EXERCISE DATA section start
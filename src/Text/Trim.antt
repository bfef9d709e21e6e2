-- ===== src/Text/Trim.antt =====
-- What trimming leaves.
use phobos_wg_client.Base.{
  ℕ, Bool, false, ◌&&◌, [], ◌∷◌, ◌++◌, Option, none, some, ◌≡◌, ◌⊎◌, refl, ap, subst, arith, inl,
  inr, if◌then◌else◌, Bool-cases, All, ◌∙◌,
}
use phobos_wg_client.Text.{Text, is_nil, trim_start_by, trim_end_by, trim_by}

-- The first character, and the last one, is none of `p`.
abbrev pub StartsOutside : (ℕ → Bool) → Text → Type 0
StartsOutside p [] = Unit
StartsOutside p (c ∷ s) = p c ≡ false

abbrev pub EndsOutside : (ℕ → Bool) → Text → Type 0
EndsOutside p [] = Unit
EndsOutside p (c ∷ []) = p c ≡ false
EndsOutside p (c ∷ d ∷ s) = EndsOutside p (d ∷ s)

trim_start_by-StartsOutside : (p : ℕ → Bool) (s : Text) → StartsOutside p (trim_start_by p s)
unfolding trim_start_by
trim_start_by-StartsOutside p [] = tt
trim_start_by-StartsOutside p (c ∷ s) = elim (Bool-cases (p c)) [
  | inl e ↦ rw e (trim_start_by-StartsOutside p s)
  | inr e ↦ rw e e
]

-- A character in front of a trimmed end.
end_cons-EndsOutside :
    (p : ℕ → Bool) (c : ℕ) (rest : Text)
    → EndsOutside p rest
    → EndsOutside p (if is_nil rest && p c then [] else c ∷ rest)
end_cons-EndsOutside p c [] h = elim (Bool-cases (p c)) [ inl e ↦ rw e tt | inr e ↦ rw e e ]
end_cons-EndsOutside p c (d ∷ rest) h = h

trim_end_by-EndsOutside : (p : ℕ → Bool) (s : Text) → EndsOutside p (trim_end_by p s)
unfolding trim_end_by
trim_end_by-EndsOutside p [] = tt
trim_end_by-EndsOutside p (c ∷ s) =
    end_cons-EndsOutside p c (trim_end_by p s) (trim_end_by-EndsOutside p s)

end_cons-kept :
    (p : ℕ → Bool) (c : ℕ) (rest : Text)
    → p c ≡ false
    → (if is_nil rest && p c then [] else c ∷ rest) ≡ c ∷ rest
end_cons-kept p c [] h = rw h refl
end_cons-kept p c (d ∷ rest) h = refl

trim_end_by-StartsOutside :
    (p : ℕ → Bool) (s : Text) → StartsOutside p s → StartsOutside p (trim_end_by p s)
unfolding trim_end_by
trim_end_by-StartsOutside p [] h = tt
trim_end_by-StartsOutside p (c ∷ s) h = rw (end_cons-kept p c (trim_end_by p s) h) h

trim_start_by-kept : (p : ℕ → Bool) (s : Text) → StartsOutside p s → trim_start_by p s ≡ s
unfolding trim_start_by
trim_start_by-kept p [] h = refl
trim_start_by-kept p (c ∷ s) h = rw h refl

trim_end_by-kept : (p : ℕ → Bool) (s : Text) → EndsOutside p s → trim_end_by p s ≡ s
unfolding trim_end_by
trim_end_by-kept p [] h = refl
trim_end_by-kept p (c ∷ []) h = rw h refl
trim_end_by-kept p (c ∷ d ∷ s) h = rw (trim_end_by-kept p (d ∷ s) h) refl

pub trim_by-IsTrimmed :
    (p : ℕ → Bool) (s : Text) → StartsOutside p (trim_by p s) × EndsOutside p (trim_by p s)
unfolding trim_by
trim_by-IsTrimmed p s = (
  trim_end_by-StartsOutside p (trim_start_by p s) (trim_start_by-StartsOutside p s),
  trim_end_by-EndsOutside p (trim_start_by p s),
)

pub trim_by-kept : (p : ℕ → Bool) (s : Text) → StartsOutside p s → EndsOutside p s → trim_by p s ≡ s
unfolding trim_by
trim_by-kept p s h k = ap (trim_end_by p) (trim_start_by-kept p s h) ∙ trim_end_by-kept p s k

module _ {κ} (P : ℕ → Type κ) (p : ℕ → Bool) where
  All-trim_start_by : (s : Text) → All P s → All P (trim_start_by p s)
  unfolding trim_start_by
  All-trim_start_by [] h = tt
  All-trim_start_by (c ∷ s) h = elim (Bool-cases (p c)) [
    | inl e ↦ rw e (All-trim_start_by s h.1)
    | inr e ↦ rw e h
  ]

  end_cons-All :
      (c : ℕ) (rest : Text) → P c → All P rest → All P (if is_nil rest && p c then [] else c ∷ rest)
  end_cons-All c rest h k = elim (Bool-cases (is_nil rest && p c)) [
    | inl e ↦ rw e tt
    | inr e ↦ rw e (h, k)
  ]

  All-trim_end_by : (s : Text) → All P s → All P (trim_end_by p s)
  unfolding trim_end_by
  All-trim_end_by [] h = tt
  All-trim_end_by (c ∷ s) h = end_cons-All c (trim_end_by p s) h.0 (All-trim_end_by s h.1)

  pub All-trim_by : (s : Text) → All P s → All P (trim_by p s)
  unfolding trim_by
  All-trim_by s h = All-trim_end_by (trim_start_by p s) (All-trim_start_by s h)

-- The first character that trimming keeps.
abbrev pub lead : (ℕ → Bool) → Text → Option ℕ
lead p [] = none
lead p (c ∷ s) = if p c then lead p s else some c

-- Trimmed text starts with that character.
pub trim_by-lead :
    (p : ℕ → Bool) (s : Text) (c : ℕ) → lead p s ≡ some c → (r : Text) × (trim_by p s ≡ c ∷ r)
unfolding trim_by trim_start_by trim_end_by
trim_by-lead p [] c h = ground arith
trim_by-lead p (d ∷ s) c h = elim (Bool-cases (p d)) [
  | inl e ↦ rw e (trim_by-lead p s c (subst (λ b. (if b then lead p s else some d) ≡ some c) e h))
  | inr e ↦ rw e (
    trim_end_by p s,
    end_cons-kept p d (trim_end_by p s) e
        ∙ ap (λ x. x ∷ trim_end_by p s)
            (some-injective (subst (λ b. (if b then lead p s else some d) ≡ some c) e h)),
  )
]
  where
    some-injective : {a b : ℕ} → some a ≡ some b → a ≡ b
    some-injective h = ground arith

pub lead-exists :
    (p : ℕ → Bool) (s : Text) → (trim_by p s ≡ []) ⊎ ((c : ℕ) × (lead p s ≡ some c) × (p c ≡ false))
unfolding trim_by trim_start_by trim_end_by
lead-exists p [] = inl refl
lead-exists p (c ∷ s) = elim (Bool-cases (p c)) [
  | inl e ↦ rw e (lead-exists p s)
  | inr e ↦ rw e (inr (c, refl, e))
]

-- Characters in front that are not trimmed stay in front.
pub trim_by-prefix :
    (p : ℕ → Bool) (pre s : Text)
    → All (λ c. p c ≡ false) pre
    → trim_end_by p (pre ++ s) ≡ pre ++ trim_end_by p s
unfolding trim_end_by
trim_by-prefix p [] s h = refl
trim_by-prefix p (c ∷ pre) s h =
    end_cons-kept p c (trim_end_by p (pre ++ s)) h.0 ∙ ap (λ r. c ∷ r) (trim_by-prefix p pre s h.1)

pub trim_by-word :
    (p : ℕ → Bool) (c : ℕ) (pre s : Text)
    → p c ≡ false
    → All (λ c. p c ≡ false) pre
    → trim_by p (c ∷ pre ++ s) ≡ c ∷ pre ++ trim_end_by p s
unfolding trim_by
trim_by-word p c pre s h all =
    ap (trim_end_by p) (trim_start_by-kept p (c ∷ pre ++ s) h)
    ∙ trim_by-prefix p (c ∷ pre) s (h, all)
EXERCISE DATA section end
» REQUIRED WORK: From the records, copy every line that has the string "injective" in it.

» EXERCISE OUTPUT:
            (some-injective (subst (λ b. (if b then lead p s else some d) ≡ some c) e h)),
    some-injective : {a b : ℕ} → some a ≡ some b → a ≡ b
    some-injective h = ground arith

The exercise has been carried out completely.